● Work instruction: Check every line below for the word "faithful" and copy each one that has it.

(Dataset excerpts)
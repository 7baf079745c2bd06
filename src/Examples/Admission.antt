-- ===== src/Examples/Admission.antt =====
-- The controllers of `Data` on a job.
use nacp.Common.{refl, none, some, [], arith}
use nacp.Admission.{admission_validators, apply_admission_controllers}
use nacp.Admission.Spec.{transform_all}
use nacp.Admission.Isolation.{Extends, admission_validators-Extends}
use nacp.Admission.Refines.{Admits, apply-Admits}
use nacp.Examples.Data.{
  multierror, flat, codec, faithful, transforms, policies, handler, mutators_lawful,
  validators_lawful, validators-IsPrivate, world,
}

apply-Admits_example :
    Admits policies none handler.validators (transform_all transforms none handler.mutators 7 []) (
      apply_admission_controllers multierror codec handler
        (some (record { job = some 0; context = none }))
        world)
apply-Admits_example =
    apply-Admits multierror codec flat faithful transforms policies handler none 0 7 world
      mutators_lawful validators_lawful validators-IsPrivate (omega arith) refl

admission_validators-Extends_example :
    Extends world.heap
      (admission_validators multierror codec handler
        (some (record { job = some 0; context = none }))
        world).1.heap
admission_validators-Extends_example =
    admission_validators-Extends multierror codec handler (record { job = some 0; context = none })
      world validators-IsPrivate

● Answer to this problem:
  multierror, flat, codec, faithful, transforms, policies, handler, mutators_lawful,
    apply-Admits multierror codec flat faithful transforms policies handler none 0 7 world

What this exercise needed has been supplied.